In the halcyon days of the early century, when people asked me how long I’d lived on Folly, and I’d reply ten or fifteen – depending on the year –they’d inevitably respond, “Wow, you must have seen lots of changes.”
“Actually, not all that much on the East Side where I live,” I’d say. “There’s no sewage, so you can’t build a beach McMansion on a lot that doesn’t perk, or barely perks.”
Alas, however, that assessment predated the proliferation of Airbnbs that are popping up all over the island like irritating internet ads, infiltrating not only the commercial district but residential neighborhoods as well. The unpaved lane where our home stands, once the site of an idyllic neighborhood of mostly unmarried senior citizens, has been transformed into Little Fort Lauderdale. Houses that were zoned for one or two bedrooms now hold as many as fifteen to twenty defecators straining the unseen septic tanks over which they park their vehicles on lawns of well-tended rye.
And, when night/ Darkens the streets, then wander forth the sons /Of Belial, flown with insolence and wine.
Why rent your quaint beach cottage to a struggling musician or food and beverage worker when you can make more in three days than you would in a month by renting to bachelor party attendants or untanned wanna-be beachcombers rolling up in their exhaust-spewing Pathfinders?

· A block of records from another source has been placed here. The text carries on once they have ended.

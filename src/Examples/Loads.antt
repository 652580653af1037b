-- ===== src/Examples/Loads.antt =====
-- Load indexes of two shards with two metrics each.
use Prim.Native.String.{String}
use argocd_autoscaler.Base.{ℕ, refl, Option, none, some, List, [], ◌∷◌, All}
use mathlib.Core.List.Permᴰ
use argocd_autoscaler.Text.{Text, bytes}
use argocd_autoscaler.Arithmetic.{whole}
use argocd_autoscaler.Api.{LoadIndex}
use argocd_autoscaler.Controller.{last_condition, ok, ready, Error}
use argocd_autoscaler.LoadIndexing.{Weight, Weights, Metric}
use argocd_autoscaler.LoadIndexing.Reconcile.{
  Resource, MetricValuesProvider, Call, found, reconcile,
}
use argocd_autoscaler.LoadIndexing.Publishing.{IsCompleting, reconcile-IsCompleting}
use argocd_autoscaler.Examples.Shards.{shard}

abbrev pub measured : String → String → ℕ → Metric whole
measured s id k = record {
  id = bytes id;
  shard = shard s;
  query = [];
  value = k;
  display_value = [];
}

abbrev metrics : List (Metric whole)
metrics =
    measured "a" "cpu" 2
    ∷ measured "b" "cpu" 1
    ∷ measured "a" "apps" 5
    ∷ measured "b" "apps" 4
    ∷ measured "b" "pods" 9
    ∷ []

abbrev weighted : String → ℕ → Weight ℕ
weighted id k = record { id = bytes id; weight = k }

abbrev pub weights : Weights whole
weights = (bytes "apps", weighted "apps" 1) ∷ (bytes "cpu", weighted "cpu" 3) ∷ []

abbrev pub walk : List (Text × List (Metric whole)) → List (Text × List (Metric whole))
walk es = es

abbrev indexes : List (LoadIndex ℕ)
indexes =
    record { shard = shard "a"; value = 11; display_value = bytes "11" }
    ∷ record { shard = shard "b"; value = 7; display_value = bytes "7" }
    ∷ []

abbrev resource : Resource whole last_condition
resource = record {
  spec = record { p = 1; weights = weighted "cpu" 3 ∷ weighted "apps" 1 ∷ [] };
  status = record { conditions = none; values = [] };
}

abbrev provider : MetricValuesProvider whole last_condition
provider = record { conditions = some ready; values = metrics }

abbrev accepts : Call whole last_condition → Option Error
accepts c = none

reconcile-IsCompleting_example :
    All
      (IsCompleting whole last_condition provider resource)
      (reconcile whole last_condition walk accepts (found resource) (ok provider)).calls
reconcile-IsCompleting_example =
    reconcile-IsCompleting whole last_condition walk (λ es. Permᴰ.refl es) accepts
      (record { find-set = λ cs c. refl }) provider resource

I walk to the post office every weekday morning, and I’d guess seventy percent of the traffic consists of the white pick-up trucks of subcontractors, the plastic surgeons of construction, engaged in the soul-crushing transformation of gentrification.
However, it’s not really the funky real estate that makes Folly Folly; rather, it’s the long-term renters, the bartenders, cooks, and waitresses, the painters, the musicians, eking out their livings in a soulful setting.
The population of residents of Folly is in decline. Leave it to Springsteen to nail it:
Because there’s just different people coming down here now and they see things in different ways
And soon everything we’ve known will just be swept away.
But look, there’s a conga line of bachelorette party weekenders! Hubbub-hubbub-bubba, swish boom Bah!
 Paradise Lost, 1.500-3. Perhaps I should have titled this piece “Paradise Lost.”